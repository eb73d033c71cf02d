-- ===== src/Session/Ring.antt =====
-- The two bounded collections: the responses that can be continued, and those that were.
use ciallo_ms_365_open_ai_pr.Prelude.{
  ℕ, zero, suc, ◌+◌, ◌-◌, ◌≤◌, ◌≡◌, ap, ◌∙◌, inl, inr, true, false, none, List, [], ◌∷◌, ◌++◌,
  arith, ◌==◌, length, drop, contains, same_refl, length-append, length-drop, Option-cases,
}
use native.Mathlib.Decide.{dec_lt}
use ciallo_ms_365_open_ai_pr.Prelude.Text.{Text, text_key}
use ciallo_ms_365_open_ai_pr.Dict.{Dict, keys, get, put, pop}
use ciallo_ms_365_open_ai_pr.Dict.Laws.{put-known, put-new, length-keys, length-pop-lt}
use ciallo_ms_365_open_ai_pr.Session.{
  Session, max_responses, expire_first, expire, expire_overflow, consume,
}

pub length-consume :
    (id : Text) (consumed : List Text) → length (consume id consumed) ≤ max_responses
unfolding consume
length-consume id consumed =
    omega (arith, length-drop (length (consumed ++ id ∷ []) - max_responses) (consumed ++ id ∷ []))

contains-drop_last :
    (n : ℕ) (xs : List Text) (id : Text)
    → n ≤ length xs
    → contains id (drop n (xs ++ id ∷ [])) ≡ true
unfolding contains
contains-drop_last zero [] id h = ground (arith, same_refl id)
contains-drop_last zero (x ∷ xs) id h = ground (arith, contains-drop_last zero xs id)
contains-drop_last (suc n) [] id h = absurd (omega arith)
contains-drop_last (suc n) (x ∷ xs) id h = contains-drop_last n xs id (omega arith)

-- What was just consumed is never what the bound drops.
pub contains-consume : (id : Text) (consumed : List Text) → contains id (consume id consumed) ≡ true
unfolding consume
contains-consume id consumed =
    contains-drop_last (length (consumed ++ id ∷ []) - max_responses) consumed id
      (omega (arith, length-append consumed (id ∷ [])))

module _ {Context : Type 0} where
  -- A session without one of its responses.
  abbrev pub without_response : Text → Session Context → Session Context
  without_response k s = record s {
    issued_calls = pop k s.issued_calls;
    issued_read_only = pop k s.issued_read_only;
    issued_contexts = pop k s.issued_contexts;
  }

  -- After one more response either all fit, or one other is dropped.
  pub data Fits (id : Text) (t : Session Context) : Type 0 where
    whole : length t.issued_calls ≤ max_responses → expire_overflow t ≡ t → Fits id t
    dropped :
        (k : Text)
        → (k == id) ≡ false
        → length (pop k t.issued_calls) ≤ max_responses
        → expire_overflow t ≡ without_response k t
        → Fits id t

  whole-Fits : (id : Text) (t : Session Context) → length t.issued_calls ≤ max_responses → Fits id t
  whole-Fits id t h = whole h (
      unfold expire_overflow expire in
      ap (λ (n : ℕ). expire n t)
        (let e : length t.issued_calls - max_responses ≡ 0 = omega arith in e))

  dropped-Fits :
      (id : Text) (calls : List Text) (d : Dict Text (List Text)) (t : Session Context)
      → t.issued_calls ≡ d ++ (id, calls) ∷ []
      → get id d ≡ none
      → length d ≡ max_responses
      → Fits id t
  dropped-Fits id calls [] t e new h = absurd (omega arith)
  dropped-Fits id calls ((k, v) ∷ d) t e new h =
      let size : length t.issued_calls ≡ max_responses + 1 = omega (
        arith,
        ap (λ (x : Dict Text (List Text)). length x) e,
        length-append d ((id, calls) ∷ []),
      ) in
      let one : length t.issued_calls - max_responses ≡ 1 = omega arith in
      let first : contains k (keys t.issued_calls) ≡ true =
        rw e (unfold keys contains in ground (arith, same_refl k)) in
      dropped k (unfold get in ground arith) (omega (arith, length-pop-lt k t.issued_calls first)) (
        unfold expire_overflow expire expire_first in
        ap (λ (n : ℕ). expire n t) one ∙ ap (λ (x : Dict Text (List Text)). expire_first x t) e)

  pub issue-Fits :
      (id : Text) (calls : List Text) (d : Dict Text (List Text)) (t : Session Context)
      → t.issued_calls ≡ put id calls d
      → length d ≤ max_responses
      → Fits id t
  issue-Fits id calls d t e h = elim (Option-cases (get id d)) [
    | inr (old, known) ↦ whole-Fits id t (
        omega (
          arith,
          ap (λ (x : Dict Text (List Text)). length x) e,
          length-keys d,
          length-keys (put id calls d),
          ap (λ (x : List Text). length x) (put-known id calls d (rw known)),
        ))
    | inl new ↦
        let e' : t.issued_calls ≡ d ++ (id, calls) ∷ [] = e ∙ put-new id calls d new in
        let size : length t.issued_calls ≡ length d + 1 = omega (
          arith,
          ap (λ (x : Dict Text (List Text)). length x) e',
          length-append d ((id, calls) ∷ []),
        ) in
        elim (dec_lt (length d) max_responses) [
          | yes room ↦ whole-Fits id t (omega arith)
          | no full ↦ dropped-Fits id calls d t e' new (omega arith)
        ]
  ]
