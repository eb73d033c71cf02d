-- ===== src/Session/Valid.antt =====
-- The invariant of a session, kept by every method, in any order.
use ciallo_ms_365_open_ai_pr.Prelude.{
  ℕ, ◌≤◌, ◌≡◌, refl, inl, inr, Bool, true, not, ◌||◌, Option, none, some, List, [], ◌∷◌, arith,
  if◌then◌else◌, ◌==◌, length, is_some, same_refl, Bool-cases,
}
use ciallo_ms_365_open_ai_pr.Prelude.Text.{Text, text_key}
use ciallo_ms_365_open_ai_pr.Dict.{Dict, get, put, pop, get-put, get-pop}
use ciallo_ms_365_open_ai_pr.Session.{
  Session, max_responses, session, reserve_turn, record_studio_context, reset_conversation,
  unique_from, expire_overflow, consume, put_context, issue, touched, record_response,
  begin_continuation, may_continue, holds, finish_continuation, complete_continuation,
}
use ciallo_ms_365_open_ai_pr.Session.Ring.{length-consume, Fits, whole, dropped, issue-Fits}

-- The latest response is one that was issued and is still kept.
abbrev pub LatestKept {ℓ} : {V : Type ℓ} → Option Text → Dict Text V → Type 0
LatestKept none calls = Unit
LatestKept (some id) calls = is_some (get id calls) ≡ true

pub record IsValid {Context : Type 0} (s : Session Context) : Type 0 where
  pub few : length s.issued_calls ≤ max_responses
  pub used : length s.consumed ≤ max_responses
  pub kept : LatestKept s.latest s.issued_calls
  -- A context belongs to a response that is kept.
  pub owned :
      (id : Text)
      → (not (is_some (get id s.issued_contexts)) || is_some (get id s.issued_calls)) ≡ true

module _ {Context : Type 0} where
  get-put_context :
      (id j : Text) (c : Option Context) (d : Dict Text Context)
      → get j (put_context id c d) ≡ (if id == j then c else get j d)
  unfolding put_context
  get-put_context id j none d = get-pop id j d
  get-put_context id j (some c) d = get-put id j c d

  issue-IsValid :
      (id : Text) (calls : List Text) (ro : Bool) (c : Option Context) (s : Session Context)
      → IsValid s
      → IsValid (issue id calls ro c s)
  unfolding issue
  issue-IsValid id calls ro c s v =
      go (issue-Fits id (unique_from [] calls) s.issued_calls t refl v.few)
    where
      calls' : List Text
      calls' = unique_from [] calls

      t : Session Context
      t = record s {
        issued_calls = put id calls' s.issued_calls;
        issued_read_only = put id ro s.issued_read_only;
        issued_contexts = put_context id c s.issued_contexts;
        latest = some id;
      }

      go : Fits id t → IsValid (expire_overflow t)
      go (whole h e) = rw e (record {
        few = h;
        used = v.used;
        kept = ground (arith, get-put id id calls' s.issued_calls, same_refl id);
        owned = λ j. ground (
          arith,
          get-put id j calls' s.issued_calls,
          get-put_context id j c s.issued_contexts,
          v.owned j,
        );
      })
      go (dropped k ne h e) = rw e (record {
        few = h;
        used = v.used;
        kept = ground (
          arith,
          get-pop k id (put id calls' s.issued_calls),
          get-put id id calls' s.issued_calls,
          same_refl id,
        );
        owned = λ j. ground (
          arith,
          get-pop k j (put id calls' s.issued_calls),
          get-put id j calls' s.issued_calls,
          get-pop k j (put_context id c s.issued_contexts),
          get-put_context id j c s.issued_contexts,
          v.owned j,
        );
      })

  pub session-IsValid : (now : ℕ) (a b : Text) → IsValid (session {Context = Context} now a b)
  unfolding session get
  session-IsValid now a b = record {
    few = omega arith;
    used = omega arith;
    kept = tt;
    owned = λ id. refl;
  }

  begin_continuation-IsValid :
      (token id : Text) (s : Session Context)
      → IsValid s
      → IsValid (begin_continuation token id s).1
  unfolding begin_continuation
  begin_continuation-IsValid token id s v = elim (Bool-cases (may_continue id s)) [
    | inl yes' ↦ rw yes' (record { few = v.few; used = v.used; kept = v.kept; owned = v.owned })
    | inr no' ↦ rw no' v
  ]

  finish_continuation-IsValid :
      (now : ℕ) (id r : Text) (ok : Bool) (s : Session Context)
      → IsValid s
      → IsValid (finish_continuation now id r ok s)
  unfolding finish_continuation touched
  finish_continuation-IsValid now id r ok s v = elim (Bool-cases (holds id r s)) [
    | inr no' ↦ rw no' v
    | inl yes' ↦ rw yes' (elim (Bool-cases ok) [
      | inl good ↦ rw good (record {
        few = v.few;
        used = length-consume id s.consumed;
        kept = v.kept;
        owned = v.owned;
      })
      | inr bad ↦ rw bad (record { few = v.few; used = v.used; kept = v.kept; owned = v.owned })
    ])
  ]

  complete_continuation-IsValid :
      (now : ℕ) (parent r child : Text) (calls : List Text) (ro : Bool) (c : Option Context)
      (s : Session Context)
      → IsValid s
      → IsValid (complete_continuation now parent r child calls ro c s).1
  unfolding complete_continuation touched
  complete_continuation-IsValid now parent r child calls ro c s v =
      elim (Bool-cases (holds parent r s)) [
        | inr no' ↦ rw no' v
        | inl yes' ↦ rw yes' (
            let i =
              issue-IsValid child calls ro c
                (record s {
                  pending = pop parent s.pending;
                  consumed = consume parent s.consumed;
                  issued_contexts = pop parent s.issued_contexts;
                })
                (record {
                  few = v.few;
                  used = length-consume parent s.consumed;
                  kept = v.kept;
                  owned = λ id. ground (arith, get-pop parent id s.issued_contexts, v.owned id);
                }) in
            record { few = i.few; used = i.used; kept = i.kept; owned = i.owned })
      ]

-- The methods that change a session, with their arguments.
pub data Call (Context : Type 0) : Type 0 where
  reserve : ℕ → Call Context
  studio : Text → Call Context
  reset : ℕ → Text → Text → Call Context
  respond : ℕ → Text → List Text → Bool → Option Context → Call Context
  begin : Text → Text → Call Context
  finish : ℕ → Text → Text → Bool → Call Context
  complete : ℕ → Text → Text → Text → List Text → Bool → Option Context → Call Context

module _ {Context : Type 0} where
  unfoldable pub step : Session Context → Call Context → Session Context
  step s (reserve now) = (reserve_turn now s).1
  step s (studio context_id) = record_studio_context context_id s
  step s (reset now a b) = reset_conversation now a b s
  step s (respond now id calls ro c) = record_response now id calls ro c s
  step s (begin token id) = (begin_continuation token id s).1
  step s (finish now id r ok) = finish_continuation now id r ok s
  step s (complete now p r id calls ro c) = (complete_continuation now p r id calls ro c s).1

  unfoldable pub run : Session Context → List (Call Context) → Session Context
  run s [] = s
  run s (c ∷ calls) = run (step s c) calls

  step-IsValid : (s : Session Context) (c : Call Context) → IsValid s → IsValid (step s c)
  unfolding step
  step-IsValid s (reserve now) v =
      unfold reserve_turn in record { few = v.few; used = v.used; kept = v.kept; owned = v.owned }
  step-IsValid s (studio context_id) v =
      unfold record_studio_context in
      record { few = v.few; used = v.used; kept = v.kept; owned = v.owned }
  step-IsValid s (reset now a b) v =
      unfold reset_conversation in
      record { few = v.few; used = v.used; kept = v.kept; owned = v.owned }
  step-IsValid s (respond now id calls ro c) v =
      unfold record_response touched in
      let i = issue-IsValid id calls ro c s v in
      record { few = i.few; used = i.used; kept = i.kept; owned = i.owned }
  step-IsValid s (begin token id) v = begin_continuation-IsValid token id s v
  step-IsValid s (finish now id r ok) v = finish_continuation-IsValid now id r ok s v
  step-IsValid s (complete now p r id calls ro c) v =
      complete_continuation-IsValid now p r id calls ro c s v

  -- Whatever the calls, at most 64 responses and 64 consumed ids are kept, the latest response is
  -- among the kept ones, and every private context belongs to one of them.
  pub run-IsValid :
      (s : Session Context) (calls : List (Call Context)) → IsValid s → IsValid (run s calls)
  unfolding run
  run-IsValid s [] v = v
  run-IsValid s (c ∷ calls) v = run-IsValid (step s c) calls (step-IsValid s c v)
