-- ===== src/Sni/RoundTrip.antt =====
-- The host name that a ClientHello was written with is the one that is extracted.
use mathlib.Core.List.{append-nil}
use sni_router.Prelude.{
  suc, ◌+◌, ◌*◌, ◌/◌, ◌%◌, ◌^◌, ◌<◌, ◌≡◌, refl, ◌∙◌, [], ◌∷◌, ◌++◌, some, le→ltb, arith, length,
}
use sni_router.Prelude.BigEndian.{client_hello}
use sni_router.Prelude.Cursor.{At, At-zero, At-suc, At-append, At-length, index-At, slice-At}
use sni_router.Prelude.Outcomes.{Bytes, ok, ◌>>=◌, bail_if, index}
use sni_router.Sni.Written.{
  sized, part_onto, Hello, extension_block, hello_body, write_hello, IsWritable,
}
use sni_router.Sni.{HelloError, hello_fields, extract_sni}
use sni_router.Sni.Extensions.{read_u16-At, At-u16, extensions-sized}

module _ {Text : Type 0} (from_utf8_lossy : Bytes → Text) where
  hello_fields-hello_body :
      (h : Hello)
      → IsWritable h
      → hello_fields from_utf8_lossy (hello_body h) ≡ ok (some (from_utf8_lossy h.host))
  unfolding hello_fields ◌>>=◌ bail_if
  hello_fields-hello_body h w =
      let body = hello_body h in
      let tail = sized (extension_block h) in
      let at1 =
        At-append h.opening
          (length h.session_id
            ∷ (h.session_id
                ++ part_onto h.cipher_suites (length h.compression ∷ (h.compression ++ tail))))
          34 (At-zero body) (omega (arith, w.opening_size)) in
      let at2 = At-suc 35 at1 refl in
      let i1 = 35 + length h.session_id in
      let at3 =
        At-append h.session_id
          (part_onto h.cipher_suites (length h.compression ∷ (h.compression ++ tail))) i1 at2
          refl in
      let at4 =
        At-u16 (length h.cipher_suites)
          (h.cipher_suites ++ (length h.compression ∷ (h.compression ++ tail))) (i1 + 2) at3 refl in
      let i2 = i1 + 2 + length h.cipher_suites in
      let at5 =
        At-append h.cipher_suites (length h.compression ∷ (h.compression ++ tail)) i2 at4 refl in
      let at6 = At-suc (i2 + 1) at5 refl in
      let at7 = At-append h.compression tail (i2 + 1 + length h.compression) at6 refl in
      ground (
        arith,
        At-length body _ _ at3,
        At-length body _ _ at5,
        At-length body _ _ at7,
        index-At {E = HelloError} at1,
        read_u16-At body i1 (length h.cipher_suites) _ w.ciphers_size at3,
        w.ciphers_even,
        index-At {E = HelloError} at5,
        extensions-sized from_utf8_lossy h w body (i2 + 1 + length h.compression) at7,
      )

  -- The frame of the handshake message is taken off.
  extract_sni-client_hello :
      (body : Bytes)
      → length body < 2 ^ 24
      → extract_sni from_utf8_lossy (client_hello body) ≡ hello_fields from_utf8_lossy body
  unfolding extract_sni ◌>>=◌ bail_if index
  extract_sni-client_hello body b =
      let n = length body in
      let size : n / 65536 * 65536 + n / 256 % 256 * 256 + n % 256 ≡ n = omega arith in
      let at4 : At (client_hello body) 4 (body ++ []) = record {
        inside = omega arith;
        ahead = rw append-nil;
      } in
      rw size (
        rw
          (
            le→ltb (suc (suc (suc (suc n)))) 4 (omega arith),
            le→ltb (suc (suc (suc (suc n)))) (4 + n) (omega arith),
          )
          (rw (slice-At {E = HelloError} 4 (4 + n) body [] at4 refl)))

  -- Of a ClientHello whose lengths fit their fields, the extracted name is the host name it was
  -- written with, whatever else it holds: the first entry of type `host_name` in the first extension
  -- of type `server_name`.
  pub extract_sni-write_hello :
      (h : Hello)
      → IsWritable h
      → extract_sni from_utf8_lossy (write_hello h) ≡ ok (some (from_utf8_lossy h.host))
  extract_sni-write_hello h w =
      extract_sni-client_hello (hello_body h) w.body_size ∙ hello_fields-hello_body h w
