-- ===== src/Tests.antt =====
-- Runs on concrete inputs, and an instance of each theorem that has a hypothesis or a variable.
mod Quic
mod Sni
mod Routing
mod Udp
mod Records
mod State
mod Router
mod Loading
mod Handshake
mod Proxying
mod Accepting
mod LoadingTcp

What the task asks: Each line containing "abbrev" belongs in the answer; pick these out of the material and copy them.

Final answer:
  abbrev pub without_response : Text → Session Context → Session Context
abbrev pub LatestKept {ℓ} : {V : Type ℓ} → Option Text → Dict Text V → Type 0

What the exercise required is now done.